Students with ADHD: The impact of Information and Communication Technologies and their mothers’ occupational status on their writing skills

Abstract

Asimina Riga and Georgia Andreou

The aim of the present study was to investigate to what extent Information and Communication Technologies (ICTs) improve the writing skills of secondary school students identified with Attention Deficit. Complementarily, another basic objective of the study is to shed light on whether and how seriously maternal employment is associated with children’s academic performance. The sampl e in this study consisted of 66 (N=66) students who were assessed for attention ability. Student assessment was based on a combination of tools, namely a demographic questionnaire, a questionnaire for teachers following the Greek Evaluation Scale (ADHD), the Stroop Test and the Trail Making Test. The students were then divided into two groups consisting of 32 and 34 students respectively and were taught the same subject matter, with one essential difference though; the first group by incorporating ICT’s tools while the second one without implementing them. Then, both groups were assessed on the ground of their ability to write essays. The results demonstrated that essay performance was higher in the ICT group than in the non-ICT group. Furthermore, the results of the study showed that ADHD students whose mother’s were civil servants, performed better than those whose mothers, belonged to a different working class.

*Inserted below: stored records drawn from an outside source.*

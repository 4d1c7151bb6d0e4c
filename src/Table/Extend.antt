-- ===== src/Table/Extend.antt =====
-- `TableBuilder::extend` (merge.rs): the rows of another table are appended column by column.
use rypipe.Prelude.{
  ℕ, ◌+◌, ◌||◌, Option, none, some, List, [], ◌∷◌, ◌++◌, Str, lookup, length, get_elem?, set, ltb,
  div_ceil, if◌then◌else◌, Result, ok, ◌>>=◌,
}
use rypipe.Value.{Host}
use rypipe.Plan.{ExecutionPlan, column_type}
use rypipe.Columnar.Flat.{is_some}
use rypipe.Builder.{ColumnBuilder, new}
use rypipe.Builder.Chunks.{merge_column}
use rypipe.Table.{TableBuilder, insert, push_nulls, schema_insert_index}
use rypipe.Table.Rows.{normalize}
use rypipe.Table.Take.{take_column}

-- The errors and the counts of the other table, which is normalized too.
unfoldable pub carried : TableBuilder → TableBuilder → TableBuilder
carried t other = record t {
  strict_error = elim t.strict_error [ none ↦ other.strict_error | some e ↦ some e ];
  unknown_error = t.unknown_error || other.unknown_error;
  rows_accepted = t.rows_accepted + other.rows_accepted;
  rows_rejected = t.rows_rejected + other.rows_rejected;
}

-- The column `i` of a table replaced.
abbrev pub with_at : TableBuilder → ℕ → ColumnBuilder → TableBuilder
with_at t i b = record t { columns = set t.columns i b }

module _ (H : Host) where
  -- A column that only the other table has, with nulls for the rows of this one.
  unfoldable pub adopt_column : TableBuilder → ExecutionPlan → Str → TableBuilder
  unfolding push_nulls column_type new schema_insert_index insert
  adopt_column t plan name =
      let builder = push_nulls H (new (column_type plan name)) t.row_count in
      let columns = t.columns ++ (builder ∷ []) in
      let words =
        if ltb (length t.row_dirty) (div_ceil (length columns) 64)
        then t.row_dirty ++ (0 ∷ [])
        else t.row_dirty in
      record t {
        columns = columns;
        field_index = (name, length t.columns) ∷ t.field_index;
        row_dirty = words;
        column_order = insert t.column_order (schema_insert_index t name) name;
      }

  unfoldable pub adopt : TableBuilder → ExecutionPlan → List Str → TableBuilder
  unfolding adopt_column lookup
  adopt t plan [] = t
  adopt t plan (name ∷ names) =
      adopt (if is_some (lookup name t.field_index) then t else adopt_column t plan name) plan names

  -- The column `b` of this table gets the rows of the other table's column, or nulls.
  unfoldable pub joined : ColumnBuilder → Option ColumnBuilder → ℕ → Result ColumnBuilder
  unfolding push_nulls
  joined b none rows = ok (push_nulls H b rows)
  joined b (some c) rows = merge_column H b c

  abbrev pub poured :
      TableBuilder
      → TableBuilder
      → ℕ
      → ColumnBuilder
      → Option (ColumnBuilder × TableBuilder)
      → Result (TableBuilder × TableBuilder)
  poured t other i b none = do c ← joined b none other.row_count; ok (with_at t i c, other)
  poured t other i b (some (taken, rest)) = do
    c ← joined b (some taken) other.row_count
    ok (with_at t i c, rest)

  -- Both tables after the step for a name. An index that no column has, at which the source
  -- panics, changes nothing here.
  unfoldable pub pour_column :
      TableBuilder → TableBuilder → Str → Result (TableBuilder × TableBuilder)
  unfolding take_column joined
  pour_column t other name = elim (lookup name t.field_index) [
    | none ↦ ok (t, other)
    | some i ↦ elim (get_elem? t.columns i) [
      | none ↦ ok (t, other)
      | some b ↦ poured t other i b (take_column other name)
    ]
  ]

  unfoldable pub pour :
      TableBuilder → TableBuilder → List Str → Result (TableBuilder × TableBuilder)
  unfolding pour_column
  pour t other [] = ok (t, other)
  pour t other (name ∷ names) = pour_column t other name >>= (λ p. pour p.0 p.1 names)

  unfoldable pub extend : TableBuilder → TableBuilder → Result TableBuilder
  unfolding normalize carried adopt pour
  extend t other =
      let o = normalize other in
      let all = adopt (carried (normalize t) o) o.plan o.column_order in
      pour all o all.column_order
      >>= (λ p. ok (record p.0 { row_count = t.row_count + other.row_count }))
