-- ===== src/Table/Replaced.antt =====
-- The step of `TableBuilder::extend` (merge.rs) that replaces a column of the table.
use rypipe.Prelude.{
  ℕ, true, false, ◌≡◌, refl, sym, ap, ◌∙◌, none, some, Str, str_eq, str_eq_refl, eq_of_str_eq,
  lookup, ◌==◌, ==_iff, if◌then◌else◌, Bool-cases, Option-cases, inl, inr, arith,
}
use rypipe.Columnar.Contents.{length-set}
use rypipe.Builder.{ColumnBuilder}
use rypipe.Table.{TableBuilder}
use rypipe.Table.Swap.{get_elem?-written}
use rypipe.Table.Taken.{IsIndexed, column_of, column_of-at, column_of-none}
use rypipe.Table.Extend.{with_at}

module _ (t : TableBuilder) (s : IsIndexed t) (name : Str) (i : ℕ) (x : ColumnBuilder)
    (at : lookup name t.field_index ≡ some i) where
  pub with_at-IsIndexed : IsIndexed (with_at t i x)
  with_at-IsIndexed = record {
    distinct = s.distinct;
    slots = λ other j h. ground (arith, s.slots other j h, length-set t.columns i x);
    one = s.one;
  }

  pub column_of-with_at :
      (other : Str)
      → column_of (with_at t i x) other ≡ (if str_eq name other then some x else column_of t other)
  column_of-with_at other = elim (Option-cases (lookup other t.field_index)) [
    | inl gone ↦ column_of-none (with_at t i x) other gone ∙ elim (Bool-cases (str_eq name other)) [
      | inl mine ↦
          let same : name ≡ other = eq_of_str_eq name other mine in
          let impossible : none ≡ some i = sym gone ∙ rw same at at in cc
      | inr apart ↦ rw apart (sym (column_of-none t other gone))
    ]
    | inr (j, there) ↦
        column_of-at (with_at t i x) other j there
        ∙ get_elem?-written t.columns i j x (s.slots name i at)
        ∙ elim (Bool-cases (str_eq name other)) [
          | inl mine ↦
              let same : name ≡ other = eq_of_str_eq name other mine in
              let where_it_is : lookup other t.field_index ≡ some i = rw same at at in
              let equal : some i ≡ some j = sym where_it_is ∙ there in
              let index : i ≡ j = cc in
              let hit : (i == j) ≡ true = ground (arith, index) in rw (mine, hit) refl
          | inr apart ↦ elim (Bool-cases (i == j)) [
            | inl hit ↦
                let index : j ≡ i = sym ((==_iff i j).0 hit) in
                let same : name ≡ other = s.one name other i at (there ∙ ap some index) in
                let itself : str_eq name other ≡ true = rw (← same) (str_eq_refl name) in
                let impossible : false ≡ true = sym apart ∙ itself in cc
            | inr miss ↦ rw (apart, miss) (sym (column_of-at t other j there))
          ]
        ]
  ]
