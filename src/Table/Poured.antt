-- ===== src/Table/Poured.antt =====
-- The second loop of `TableBuilder::extend` (merge.rs), one column of the two tables after the
-- other.
use rypipe.Prelude.{
  ℕ, false, ◌≡◌, refl, sym, ap, ◌∙◌, Option, none, some, List, [], ◌∷◌, Str, str_eq, eq_of_str_eq,
  lookup, get_elem?, member, if◌then◌else◌, Bool-cases, Option-cases, Result-cases, inl, inr,
  Result, ok, err,
}
use rypipe.Value.{Host}
use rypipe.Builder.{ColumnBuilder}
use rypipe.Table.{TableBuilder}
use rypipe.Table.Take.{take_column}
use rypipe.Table.Taken.{IsIndexed, column_of, column_of-at, column_of-none, take_column-column_of}
use rypipe.Table.Replaced.{with_at-IsIndexed, column_of-with_at}
use rypipe.Table.Extend.{with_at, joined, poured, pour_column, pour}

-- No name stands twice in the list.
abbrev pub NoRepeat : List Str → Type 0
NoRepeat [] = Unit {0}
NoRepeat (n ∷ ns) = (member n ns ≡ false) × NoRepeat ns

module _ (H : Host) where
  -- What a column becomes when the names `ns` are poured.
  abbrev pub after :
      List Str → Str → ColumnBuilder → Option ColumnBuilder → ℕ → Result ColumnBuilder
  after ns name a o rows = if member name ns then joined H a o rows else ok a

  -- What a step of the loop leaves of the two tables.
  record Step (t other : TableBuilder) (n : Str) (t' other' : TableBuilder) : Type 0 where
    indexed : IsIndexed t'
    other_indexed : IsIndexed other'
    rows : other'.row_count ≡ other.row_count
    columns :
        (name : Str) (a : ColumnBuilder)
        → column_of t name ≡ some a
        → (c : ColumnBuilder) × (column_of t' name ≡ some c)
          × ((if str_eq n name then joined H a (column_of other name) other.row_count else ok a)
              ≡ ok c)
    others : (name : Str) → str_eq n name ≡ false → column_of other' name ≡ column_of other name

  idle :
      (t other : TableBuilder) (n : Str)
      → IsIndexed t
      → IsIndexed other
      → column_of t n ≡ none
      → Step t other n t other
  idle t other n s o gone = record {
    indexed = s;
    other_indexed = o;
    rows = refl;
    columns = λ name a h. elim (Bool-cases (str_eq n name)) [
      | inl mine ↦
          let same : n ≡ name = eq_of_str_eq n name mine in
          let missing : column_of t name ≡ none = rw same at gone in
          let impossible : none ≡ some a = sym missing ∙ h in cc
      | inr apart ↦ (a, h, rw apart refl)
    ];
    others = λ name apart. refl;
  }

  written :
      (t other rest : TableBuilder) (n : Str) (i : ℕ) (b c : ColumnBuilder)
      → IsIndexed t
      → lookup n t.field_index ≡ some i
      → column_of t n ≡ some b
      → joined H b (column_of other n) other.row_count ≡ ok c
      → IsIndexed rest
      → rest.row_count ≡ other.row_count
      → ((name : Str) → str_eq n name ≡ false → column_of rest name ≡ column_of other name)
      → Step t other n (with_at t i c) rest
  written t other rest n i b c s at there joining r count kept = record {
    indexed = with_at-IsIndexed t s n i c at;
    other_indexed = r;
    rows = count;
    columns = λ name a h. elim (Bool-cases (str_eq n name)) [
      | inl mine ↦
          let same : n ≡ name = eq_of_str_eq n name mine in
          let old : column_of t name ≡ some b = rw same at there in
          let equal : some b ≡ some a = sym old ∙ h in
          let column : b ≡ a = cc in
          let merging : joined H b (column_of other name) other.row_count ≡ ok c =
            rw same at joining in
          (c, column_of-with_at t s n i c at name ∙ rw mine refl, rw mine (rw column at merging))
      | inr apart ↦ (a, column_of-with_at t s n i c at name ∙ rw apart h, rw apart refl)
    ];
    others = kept;
  }

  nothing_taken : (t : TableBuilder) (n : Str) → column_of t n ≡ none → take_column t n ≡ none
  unfolding take_column
  nothing_taken t n h = elim (Option-cases (lookup n t.field_index)) [
    | inl gone ↦ rw (gone, take_column) refl
    | inr (i, at) ↦
        let gone : get_elem? t.columns i ≡ none = sym (column_of-at t n i at) ∙ h in
        rw (at, gone, take_column) refl
  ]

  -- The result of a step that replaces the column `b` at `i`.
  poured-Step :
      (t other : TableBuilder) (n : Str) (i : ℕ) (b : ColumnBuilder)
      (p : TableBuilder × TableBuilder)
      → IsIndexed t
      → IsIndexed other
      → lookup n t.field_index ≡ some i
      → column_of t n ≡ some b
      → poured H t other i b (take_column other n) ≡ ok p
      → Step t other n p.0 p.1
  poured-Step t other n i b p s o at there h = elim (Option-cases (column_of other n)) [
    | inl gone ↦
        let h' : poured H t other i b none ≡ ok p = rw (nothing_taken other n gone) at h in
        elim (Result-cases (joined H b none other.row_count)) [
          | inr (e, failed) ↦ let impossible : err e ≡ ok p = rw failed at h' in cc
          | inl (c, padding) ↦
              let result : ok (with_at t i c, other) ≡ ok p = rw padding at h' in
              let same : (with_at t i c, other) ≡ p = cc in
              rw (← same) (
                written t other other n i b c s at there (rw gone padding) o refl
                  (λ name apart. refl))
        ]
    | inr (taken, found) ↦
        let (rest, taking, r, shorter, count, kept) = take_column-column_of other n taken o found in
        let h' : poured H t other i b (some (taken, rest)) ≡ ok p = rw taking at h in
        elim (Result-cases (joined H b (some taken) other.row_count)) [
          | inr (e, failed) ↦ let impossible : err e ≡ ok p = rw failed at h' in cc
          | inl (c, merging) ↦
              let result : ok (with_at t i c, rest) ≡ ok p = rw merging at h' in
              let same : (with_at t i c, rest) ≡ p = cc in
              rw (← same) (
                written t other rest n i b c s at there (rw found merging) r count
                  (λ name apart. kept name ∙ rw apart refl))
        ]
  ]

  pour_column-Step :
      (t other : TableBuilder) (n : Str) (p : TableBuilder × TableBuilder)
      → IsIndexed t
      → IsIndexed other
      → pour_column H t other n ≡ ok p
      → Step t other n p.0 p.1
  unfolding pour_column
  pour_column-Step t other n p s o h = elim (Option-cases (lookup n t.field_index)) [
    | inl gone ↦
        let result : ok (t, other) ≡ ok p = rw (gone, pour_column) at h in
        let same : (t, other) ≡ p = cc in rw (← same) (idle t other n s o (column_of-none t n gone))
    | inr (i, at) ↦ elim (Option-cases (get_elem? t.columns i)) [
      | inl past ↦
          let result : ok (t, other) ≡ ok p = rw (at, past, pour_column) at h in
          let same : (t, other) ≡ p = cc in
          rw (← same) (idle t other n s o (column_of-at t n i at ∙ past))
      | inr (b, there) ↦
          let rest : poured H t other i b (take_column other n) ≡ ok p =
            rw (at, there, pour_column) at h in
          poured-Step t other n i b p s o at (column_of-at t n i at ∙ there) rest
    ]
  ]

  -- The step for `n`, and then those for `ns`.
  combined :
      (n : Str) (ns : List Str) (name : Str) (a b c : ColumnBuilder) (o o' : Option ColumnBuilder)
      (rows : ℕ)
      → member n ns ≡ false
      → (if str_eq n name then joined H a o rows else ok a) ≡ ok b
      → after ns name b o' rows ≡ ok c
      → (str_eq n name ≡ false → o' ≡ o)
      → after (n ∷ ns) name a o rows ≡ ok c
  unfolding member
  combined n ns name a b c o o' rows new made became kept = elim (Bool-cases (str_eq n name)) [
    | inl mine ↦
        let same : n ≡ name = eq_of_str_eq n name mine in
        let gone : member name ns ≡ false = rw same at new in
        let joining : joined H a o rows ≡ ok b = rw mine at made in
        let last : ok b ≡ ok c = rw gone at became in rw mine (joining ∙ last)
    | inr apart ↦
        let unchanged : ok a ≡ ok b = rw apart at made in
        let same : b ≡ a = cc in
        let other : o' ≡ o = kept apart in rw apart (rw (same, other) at became)
  ]

  -- For two tables whose indices give different names different columns, and names without
  -- repetition, if the loop ends without an error, then every column of the first table is merged
  -- with the column of the same name of the second, or padded with a null for each row of the
  -- second if it has none, where the name is among the names, and is as it was where it is not.
  pub pour-columns :
      (ns : List Str) (t other : TableBuilder) (p : TableBuilder × TableBuilder)
      → IsIndexed t
      → IsIndexed other
      → NoRepeat ns
      → pour H t other ns ≡ ok p
      → (name : Str) (a : ColumnBuilder) → column_of t name ≡ some a
      → (c : ColumnBuilder) × (column_of p.0 name ≡ some c)
        × (after ns name a (column_of other name) other.row_count ≡ ok c)
  unfolding pour member
  pour-columns [] t other p s o single h name a there =
      let same : (t, other) ≡ p = cc in rw (← same) (a, there, refl)
  pour-columns (n ∷ ns) t other p s o (new, single) h name a there =
      elim (Result-cases (pour_column H t other n)) [
        | inr (e, failed) ↦ let impossible : err e ≡ ok p = rw failed at h in cc
        | inl (q, stepping) ↦
            let rest : pour H q.0 q.1 ns ≡ ok p = rw stepping at h in
            let step = pour_column-Step t other n q s o stepping in
            let (b, column, made) = step.columns name a there in
            let (c, final, became) =
              pour-columns ns q.0 q.1 p step.indexed step.other_indexed single rest name b column in
            (
              c,
              final,
              combined n ns name a b c (column_of other name) (column_of q.1 name) other.row_count
                  new made (sym (ap (after ns name b (column_of q.1 name)) step.rows) ∙ became)
                  (step.others name),
            )
      ]
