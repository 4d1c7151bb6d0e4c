-- ===== src/Table/Adopted.antt =====
-- The first loop of `TableBuilder::extend` (merge.rs), which adds the columns that only the other
-- table has.
use rypipe.Prelude.{
  ℕ, zero, suc, true, false, ◌||◌, ◌≡◌, ◌⊎◌, ◌<◌, refl, sym, ap, ◌∙◌, Option, none, some, List, [],
  ◌∷◌, ◌++◌, Str, str_eq, eq_of_str_eq, lookup, length, length-append, get_elem?, member,
  if◌then◌else◌, Bool-cases, Option-cases, inl, inr, arith,
}
use rypipe.Value.{Host}
use rypipe.Plan.{ExecutionPlan, column_type}
use rypipe.Columnar.Flat.{is_some}
use rypipe.Builder.{ColumnBuilder, new}
use rypipe.Builder.Variants.{str_eq_symm}
use rypipe.Table.{TableBuilder, insert, push_nulls, schema_insert_index}
use rypipe.Table.Index.{lookup-cons}
use rypipe.Table.Swap.{there_is}
use rypipe.Table.Taken.{IsIndexed, column_of, column_of-at, column_of-none}
use rypipe.Table.Poured.{NoRepeat}
use rypipe.Table.Extend.{adopt_column, adopt}

-- The names in the order of the columns are those of the index, each once.
pub record IsOrdered (t : TableBuilder) : Type 0 where
  pub single : NoRepeat t.column_order
  pub named : (name : Str) → member name t.column_order ≡ is_some (lookup name t.field_index)

member-insert :
    (xs : List Str) (i : ℕ) (y x : Str) → member x (insert xs i y) ≡ (str_eq y x || member x xs)
unfolding insert member
member-insert xs zero y x = refl
member-insert [] (suc i) y x = refl
member-insert (z ∷ xs) (suc i) y x = rw (member-insert xs i y x) (ground arith)

NoRepeat-insert :
    (xs : List Str) (i : ℕ) (y : Str) → member y xs ≡ false → NoRepeat xs → NoRepeat (insert xs i y)
unfolding insert member
NoRepeat-insert xs zero y new n = (new, n)
NoRepeat-insert [] (suc i) y new n = (refl, tt)
NoRepeat-insert (z ∷ xs) (suc i) y new (first, n) = (
  rw (member-insert xs i y z, first, str_eq_symm y z) (ground (arith, new)),
  NoRepeat-insert xs i y (ground (arith, new)) n,
)

module _ {A : Type 0} where
  before_end :
      (xs : List A) (i : ℕ) (v : A) → i < length xs → get_elem? (xs ++ (v ∷ [])) i ≡ get_elem? xs i
  before_end [] i v h = ground arith
  before_end (x ∷ xs) zero v h = refl
  before_end (x ∷ xs) (suc i) v h = before_end xs i v (omega arith)

  at_end : (xs : List A) (v : A) → get_elem? (xs ++ (v ∷ [])) (length xs) ≡ some v
  at_end [] v = refl
  at_end (x ∷ xs) v = at_end xs v

has_column :
    (t : TableBuilder) (name : Str)
    → IsIndexed t
    → is_some (lookup name t.field_index) ≡ true
    → (a : ColumnBuilder) × (column_of t name ≡ some a)
has_column t name s h = elim (Option-cases (lookup name t.field_index)) [
  | inl gone ↦ let impossible : false ≡ true = rw gone at h in cc
  | inr (i, at) ↦
      let (a, there) = there_is t.columns i (s.slots name i at) in
      (a, column_of-at t name i at ∙ there)
]

module _ (H : Host) (plan : ExecutionPlan) where
  -- A column of nulls with the type that the other table's plan declares.
  abbrev pub padding : ℕ → Str → ColumnBuilder
  padding rows name = push_nulls H (new (column_type plan name)) rows

  module _ (t : TableBuilder) (name : Str) (gone : lookup name t.field_index ≡ none) where
    new_or_old :
        (x : Str) (i : ℕ)
        → lookup x ((name, length t.columns) ∷ t.field_index) ≡ some i
        → ((name ≡ x) × (i ≡ length t.columns)) ⊎ (lookup x t.field_index ≡ some i)
    new_or_old x i h = elim (Bool-cases (str_eq name x)) [
      | inl mine ↦
          let e : some (length t.columns) ≡ some i =
            rw (lookup-cons name x (length t.columns) t.field_index, mine) at h in
          inl (eq_of_str_eq name x mine, cc)
      | inr apart ↦ inr (rw (lookup-cons name x (length t.columns) t.field_index, apart) at h)
    ]

    past_end :
        (s : IsIndexed t) (x : Str) (i : ℕ)
        → i ≡ length t.columns
        → lookup x t.field_index ≡ some i
        → ⊥
    past_end s x i same old = ground (arith, s.slots x i old, same)

    adopt_column-IsIndexed : IsIndexed t → IsIndexed (adopt_column H t plan name)
    unfolding adopt_column
    adopt_column-IsIndexed s = record {
      distinct = (gone, s.distinct);
      slots = λ x i h. elim (new_or_old x i h) [
        | inl (mine, same) ↦
            omega (arith, same, length-append t.columns (padding t.row_count name ∷ []))
        | inr old ↦
            omega (arith, s.slots x i old, length-append t.columns (padding t.row_count name ∷ []))
      ];
      one = λ a b i h g. elim (new_or_old a i h) [
        | inl (mine, same) ↦ elim (new_or_old b i g) [
          | inl (yours, also) ↦ sym mine ∙ yours
          | inr old ↦ elim (past_end s b i same old) [ ]
        ]
        | inr old ↦ elim (new_or_old b i g) [
          | inl (yours, also) ↦ elim (past_end s a i also old) [ ]
          | inr old' ↦ s.one a b i old old'
        ]
      ];
    }

    adopt_column-IsOrdered : IsOrdered t → IsOrdered (adopt_column H t plan name)
    unfolding adopt_column
    adopt_column-IsOrdered s = record {
      single =
          NoRepeat-insert t.column_order (schema_insert_index t name) name
            (s.named name ∙ rw gone refl) s.single;
      named = λ x.
          member-insert t.column_order (schema_insert_index t name) name x
          ∙ rw (s.named x, lookup-cons name x (length t.columns) t.field_index) (ground arith);
    }

    column_of-adopt_column :
        (x : Str)
        → IsIndexed t
        → column_of (adopt_column H t plan name) x
          ≡ (if str_eq name x then some (padding t.row_count name) else column_of t x)
    unfolding adopt_column
    column_of-adopt_column x s = elim (Bool-cases (str_eq name x)) [
      | inl mine ↦ rw mine (
          column_of-at (adopt_column H t plan name) x (length t.columns)
            (lookup-cons name x (length t.columns) t.field_index ∙ rw mine refl)
          ∙ at_end t.columns (padding t.row_count name))
      | inr apart ↦ rw apart (elim (Option-cases (lookup x t.field_index)) [
        | inl missing ↦
            column_of-none (adopt_column H t plan name) x
              (lookup-cons name x (length t.columns) t.field_index ∙ rw apart missing)
            ∙ sym (column_of-none t x missing)
        | inr (i, there) ↦
            column_of-at (adopt_column H t plan name) x i
              (lookup-cons name x (length t.columns) t.field_index ∙ rw apart there)
            ∙ before_end t.columns i (padding t.row_count name) (s.slots x i there)
            ∙ sym (column_of-at t x i there)
      ])
    ]

  -- The column with which a name enters the second loop, from the one that it has.
  abbrev pub held : Option ColumnBuilder → List Str → Str → ℕ → Option ColumnBuilder
  held (some a) names x rows = some a
  held none names x rows = if member x names then some (padding rows x) else none

  -- What the loop leaves of a table.
  pub record Grown (t : TableBuilder) (names : List Str) (grown : TableBuilder) : Type 0 where
    pub indexed : IsIndexed grown
    pub ordered : IsOrdered grown
    pub columns : (x : Str) → column_of grown x ≡ held (column_of t x) names x t.row_count

  held_before :
      (t : TableBuilder) (n x : Str) (names : List Str)
      → IsIndexed t
      → is_some (lookup n t.field_index) ≡ true
      → held (column_of t x) names x t.row_count ≡ held (column_of t x) (n ∷ names) x t.row_count
  unfolding member
  held_before t n x names s there = elim (Option-cases (column_of t x)) [
    | inr (a, column) ↦ rw column refl
    | inl missing ↦ rw missing (elim (Bool-cases (str_eq n x)) [
      | inl mine ↦
          let (a, column) = has_column t n s there in
          let same : n ≡ x = eq_of_str_eq n x mine in
          let found : column_of t x ≡ some a = sym (ap (column_of t) same) ∙ column in
          let impossible : none ≡ some a = sym missing ∙ found in cc
      | inr apart ↦ rw apart refl
    ])
  ]

  held_after :
      (t : TableBuilder) (n x : Str) (names : List Str)
      → IsIndexed t
      → lookup n t.field_index ≡ none
      → held (column_of (adopt_column H t plan n) x) names x t.row_count
        ≡ held (column_of t x) (n ∷ names) x t.row_count
  unfolding member
  held_after t n x names s gone =
      rw (column_of-adopt_column t n gone x s) (elim (Bool-cases (str_eq n x)) [
        | inl mine ↦
            let same : n ≡ x = eq_of_str_eq n x mine in
            let missing : column_of t x ≡ none = rw same at (column_of-none t n gone) in
            rw (missing, mine) (ap (λ y. some (padding t.row_count y)) same)
        | inr apart ↦ elim (Option-cases (column_of t x)) [
          | inl missing ↦ rw (missing, apart) refl
          | inr (a, column) ↦ rw (column, apart) refl
        ]
      ])

  pub adopt-Grown :
      (names : List Str) (t : TableBuilder)
      → IsIndexed t
      → IsOrdered t
      → Grown t names (adopt H t plan names)
  unfolding adopt adopt_column
  adopt-Grown [] t s o = record {
    indexed = s;
    ordered = o;
    columns = λ x. elim (Option-cases (column_of t x)) [
      | inl missing ↦ rw missing refl
      | inr (a, column) ↦ rw column refl
    ];
  }
  adopt-Grown (n ∷ names) t s o = elim (Option-cases (lookup n t.field_index)) [
    | inr (i, there) ↦
        let here : is_some (lookup n t.field_index) ≡ true = rw there refl in
        let rest = adopt-Grown names t s o in
        rw here (record {
          indexed = rest.indexed;
          ordered = rest.ordered;
          columns = λ x. rest.columns x ∙ held_before t n x names s here;
        })
    | inl gone ↦
        let here : is_some (lookup n t.field_index) ≡ false = rw gone refl in
        let rest =
          adopt-Grown names (adopt_column H t plan n) (adopt_column-IsIndexed t n gone s)
            (adopt_column-IsOrdered t n gone o) in
        rw here (record {
          indexed = rest.indexed;
          ordered = rest.ordered;
          columns = λ x. rest.columns x ∙ held_after t n x names s gone;
        })
  ]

The importance of these research findings with specific reference to ICTs lies in the fact that it may contribute to reshaping the teaching and learning of students with ADHD and provides strategic opportunities to develop quality learning opportunities within inclusive classrooms. Additionally, the second strand of this paper concludes to associations of mothers’ profession with their children academic performance which are likely to result in redefining the importance of maternal social status.